Best Argument: No
Audience Favored: Yes (64%)
Google’s Nexus 7 will eat iPad's lunchEd Burnette: This summer’s hottest gadget is the Nexus 7, which happens to be both one of the most powerful and least expensive tablets on the market. It’s no surprise that the 16GB model sold out almost immediately. At least one retailer is saying that they won’t get more until September.
Android’s tablet market share spiked over 40% when the Kindle Fire was introduced last year. While the Fire was limited, its form factor highlighted a need for tablets that could fit in your coat pocket or purse. The Nexus 7 is going to hit this niche even harder with prices less than half that of a new iPad. Unless Apple moves down-market with a smaller, cheaper iPad, Google’s Nexus 7 and devices like it are going to eat their lunch in this segment.
Jelly Bean (Android 4.1) adds game-changing features such as smooth, predictable framerates (Project Butter), and Google Now, Google's innovative personal assistant. Manufacturers that take advantage of Google's new Platform Development Kit will get a head start on upgrades, which means quicker adoption of new versions in the future. As a Google-supported device, the Nexus 7 will always be up to date.

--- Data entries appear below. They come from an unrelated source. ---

-- ===== src/Json/Finishes.antt =====
-- What parse of Plugins/FrameSolver/Standalone/v2/MiniJson.h gives: its fuel is enough, it reads no
-- further than its input, and its values are proper.
use architect_simulator.Base.{
  ℕ, zero, suc, ◌*◌, ◌<◌, ◌≤◌, Bool, true, false, ◌||◌, List, [], ◌∷◌, length, if◌then◌else◌, arith,
  ◌==◌,
}
use architect_simulator.Json.{parse_string}
use architect_simulator.Json.Number.{is_digit, parse_number}
use architect_simulator.Json.Lengths.{parse_number-Short}
use architect_simulator.Json.Value.{Json, Items, Fields, end, emplace}
use architect_simulator.Json.Proper.{IsProper, AreProper, emplace-Distinct, emplace-FieldsProper}
use architect_simulator.Json.Parse.{
  Outcome, stopped, max_json_depth, skip, string_outcome, number_outcome, parse_bool, parse_null,
  open_array, open_object, start_value, parse_value, parse_items, parse_fields, eat_trailing, parse,
}
use architect_simulator.Json.Outcomes.{
  Good, Good-then, Good-le, length-skip, Any, ProperFields, string_outcome-Good,
  number_outcome-Good, parse_bool-Good, parse_null-Good,
}
use architect_simulator.Json.Steps.{
  next_item-Good, open_array-Good, parse_string-ShortParsed, parse_key-Good, next_field-Good,
  open_object-Good,
}

module _ {D : Type 0} (strtod : List ℕ → D) (is_finite : D → Bool) where
  start_value-Good :
      (n depth : ℕ) (items : ℕ → List ℕ → Outcome (Items D))
      (fields : ℕ → Fields D → List ℕ → Outcome (Fields D)) (s : List ℕ)
      → length s ≤ n
      → ((cs : List ℕ)
          → suc depth ≤ max_json_depth
          → length cs < n
          → Good (length cs) (AreProper is_finite (suc depth)) (items (suc depth) cs))
      → ((cs : List ℕ)
          → suc depth ≤ max_json_depth
          → length cs < n
          → Good
              (length cs)
              (ProperFields strtod is_finite (suc depth))
              (fields (suc depth) end cs))
      → Good n (IsProper is_finite depth) (start_value strtod is_finite depth items fields s)
  unfolding start_value
  start_value-Good n depth items fields [] l f g = tt
  start_value-Good n depth items fields (c ∷ cs) l f g =
      go (c == 34) (c == 123) (c == 91) ((c == 116) || (c == 102)) (c == 110)
        ((c == 45) || is_digit c)
    where
      P : Json D → Type 0
      P = IsProper is_finite depth

      m : length (skip cs) ≤ length cs
      m = length-skip cs

      go :
          (quote brace bracket word nil minus : Bool)
          → Good n P (
              if quote
              then string_outcome strtod is_finite (parse_string (c ∷ cs))
              else if brace
              then open_object strtod is_finite depth fields (skip cs)
              else if bracket
              then open_array strtod is_finite depth items (skip cs)
              else if word
              then parse_bool strtod is_finite (c ∷ cs)
              else if nil
              then parse_null strtod is_finite (c ∷ cs)
              else if minus
              then number_outcome strtod is_finite (parse_number strtod is_finite (c ∷ cs))
              else stopped "unexpected character")
      go true a b w z d = Good-le (length cs) n P _ (omega (arith, l)) (
          string_outcome-Good strtod is_finite (length cs) depth _
            (parse_string-ShortParsed strtod is_finite c cs))
      go false true b w z d = Good-le (length (skip cs)) n P _ (omega (arith, l, m)) (
          open_object-Good strtod is_finite (length (skip cs)) depth fields (skip cs) (omega arith)
            (λ e cs' l'.
              Good-le (length cs') _ (ProperFields strtod is_finite (suc depth))
                (fields (suc depth) end cs') l' (g cs' e (omega (arith, l, m, l')))))
      go false false true w z d = Good-le (length (skip cs)) n P _ (omega (arith, l, m)) (
          open_array-Good strtod is_finite (length (skip cs)) depth items (skip cs) (omega arith)
            (λ e cs' l'.
              Good-le (length cs') _ (AreProper is_finite (suc depth)) (items (suc depth) cs') l'
                (f cs' e (omega (arith, l, m, l')))))
      go false false false true z d =
          Good-le (length (c ∷ cs)) n P _ l (parse_bool-Good strtod is_finite depth (c ∷ cs))
      go false false false false true d =
          Good-le (length (c ∷ cs)) n P _ l (parse_null-Good strtod is_finite depth (c ∷ cs))
      go false false false false false true = Good-le (length (c ∷ cs)) n P _ l (
          number_outcome-Good strtod is_finite (length (c ∷ cs)) depth _
            (parse_number-Short strtod is_finite (c ∷ cs)))
      go false false false false false false = tt

  mutual
    unfolding parse_value IsProper

    parse_value-Good :
        (fuel depth : ℕ) (s : List ℕ)
        → 2 * length s < fuel
        → Good (length s) (IsProper is_finite depth) (parse_value strtod is_finite fuel depth s)
    parse_value-Good zero depth s l = omega (arith, l)
    parse_value-Good (suc fuel) depth s l =
        start_value-Good (length s) depth (λ d. parse_items strtod is_finite fuel d)
          (λ d o. parse_fields strtod is_finite fuel d o) (skip s) (length-skip s)
          (λ cs d m. parse_items-Good fuel (suc depth) cs (omega (arith, l, m)))
          (λ cs d m. parse_fields-Good fuel (suc depth) end cs (tt, tt) (omega (arith, l, m)))

    parse_items-Good :
        (fuel depth : ℕ) (s : List ℕ)
        → suc (2 * length s) < fuel
        → Good (length s) (AreProper is_finite depth) (parse_items strtod is_finite fuel depth s)
    parse_items-Good zero depth s l = omega (arith, l)
    parse_items-Good (suc fuel) depth s l =
        Good-then (length s) (length s) (IsProper is_finite depth) (AreProper is_finite depth) _ _
          (parse_value-Good fuel depth s (omega (arith, l)))
          λ v rest m p.
            next_item-Good strtod is_finite (length s) depth v
              (λ cs. parse_items strtod is_finite fuel depth cs) (skip rest)
              (omega (arith, m, length-skip rest)) p
              λ cs k.
                Good-le (length cs) (length s) (AreProper is_finite depth) _ (omega (arith, k))
                  (parse_items-Good fuel depth cs (omega (arith, l, k)))

    parse_fields-Good :
        (fuel depth : ℕ) (o : Fields D) (s : List ℕ)
        → ProperFields strtod is_finite depth o
        → suc (2 * length s) < fuel
        → Good
            (length s)
            (ProperFields strtod is_finite depth)
            (parse_fields strtod is_finite fuel depth o s)
    parse_fields-Good zero depth o s p l = omega (arith, l)
    parse_fields-Good (suc fuel) depth o s p l =
        Good-then (length (skip s)) (length s) Any (ProperFields strtod is_finite depth) _ _
          (parse_key-Good strtod is_finite (skip s))
          λ k cs m u.
            Good-then (length cs) (length s) (IsProper is_finite depth)
              (ProperFields strtod is_finite depth) _ _
              (parse_value-Good fuel depth cs (omega (arith, l, m, length-skip s)))
              λ v rest m' q.
                next_field-Good strtod is_finite (length s) depth (emplace k v o)
                  (λ cs'. parse_fields strtod is_finite fuel depth (emplace k v o) cs') (skip rest)
                  (omega (arith, m, m', length-skip rest, length-skip s))
                  (emplace-FieldsProper is_finite depth k v o p.0 q, emplace-Distinct k v o p.1)
                  λ cs' j.
                    Good-le (length cs') (length s) (ProperFields strtod is_finite depth) _
                      (omega (arith, j))
                      (parse_fields-Good fuel depth (emplace k v o) cs'
                        (
                          emplace-FieldsProper is_finite depth k v o p.0 q,
                          emplace-Distinct k v o p.1,
                        )
                        (omega (arith, l, j)))

  eat_trailing-Good :
      (n : ℕ) (P : Json D → Type 0) (v : Json D) (s : List ℕ)
      → P v
      → Good 0 P (eat_trailing strtod is_finite v s)
  eat_trailing-Good n P v [] p = (omega arith, p)
  eat_trailing-Good n P v (c ∷ cs) p = tt

  -- For every input, of any bytes and any length, parse ends: its fuel is enough, so that it gives a
  -- value or a diagnostic. A value is given only where all the input was read; its integers are in the
  -- range of int64_t, its doubles are finite, the keys of each object are distinct, and no array or
  -- object stands inside more than 63 others.
  pub parse-Good : (s : List ℕ) → Good 0 (IsProper is_finite 0) (parse strtod is_finite s)
  unfolding parse
  parse-Good s =
      Good-then (length s) 0 (IsProper is_finite 0) (IsProper is_finite 0) _ _
        (parse_value-Good (suc (2 * length s)) 0 s (omega arith))
        (λ v rest l p. eat_trailing-Good 0 (IsProper is_finite 0) v (skip rest) p)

An improvement, but not enoughJason Perlow: The Nexus 7 and Jelly Bean 4.1 is Google's latest attempt to make Android a relevant player in the tablet scene, after several failed attempts to gain significant market share away from Apple's iPad with previous platform releases and the participation of several OEMs.
While the Nexus 7 and Jelly Bean introduce significant improvements over previous tablet and OS incarnations, such as increased performance (Project Butter) and better platform stablity, Android tablets fundamentally have many of the same problems that have plagued the platform since its introduction.
These include a more complex and inconsistent user interface when compared with iOS, a lack of tablet optimized applications, and despite the aggressive pricing on the 7" Nexus 7, a wide proliferation of expensive OEM full-sized tablet hardware is still sitting in the distributor and retail channel.
Lastly, the Nexus 7 and Jelly Bean do absolutely nothing to resolve the OEM tablet OS software upgrade issues which have been an inescapable quagmire for the Android manufacturer ecosystem since its inception. OEMs are just barely getting out of their Honeycomb to Ice Cream Sandwich upgrade rut, and have little or no plans to upgrade current products in the channel to Jelly Bean.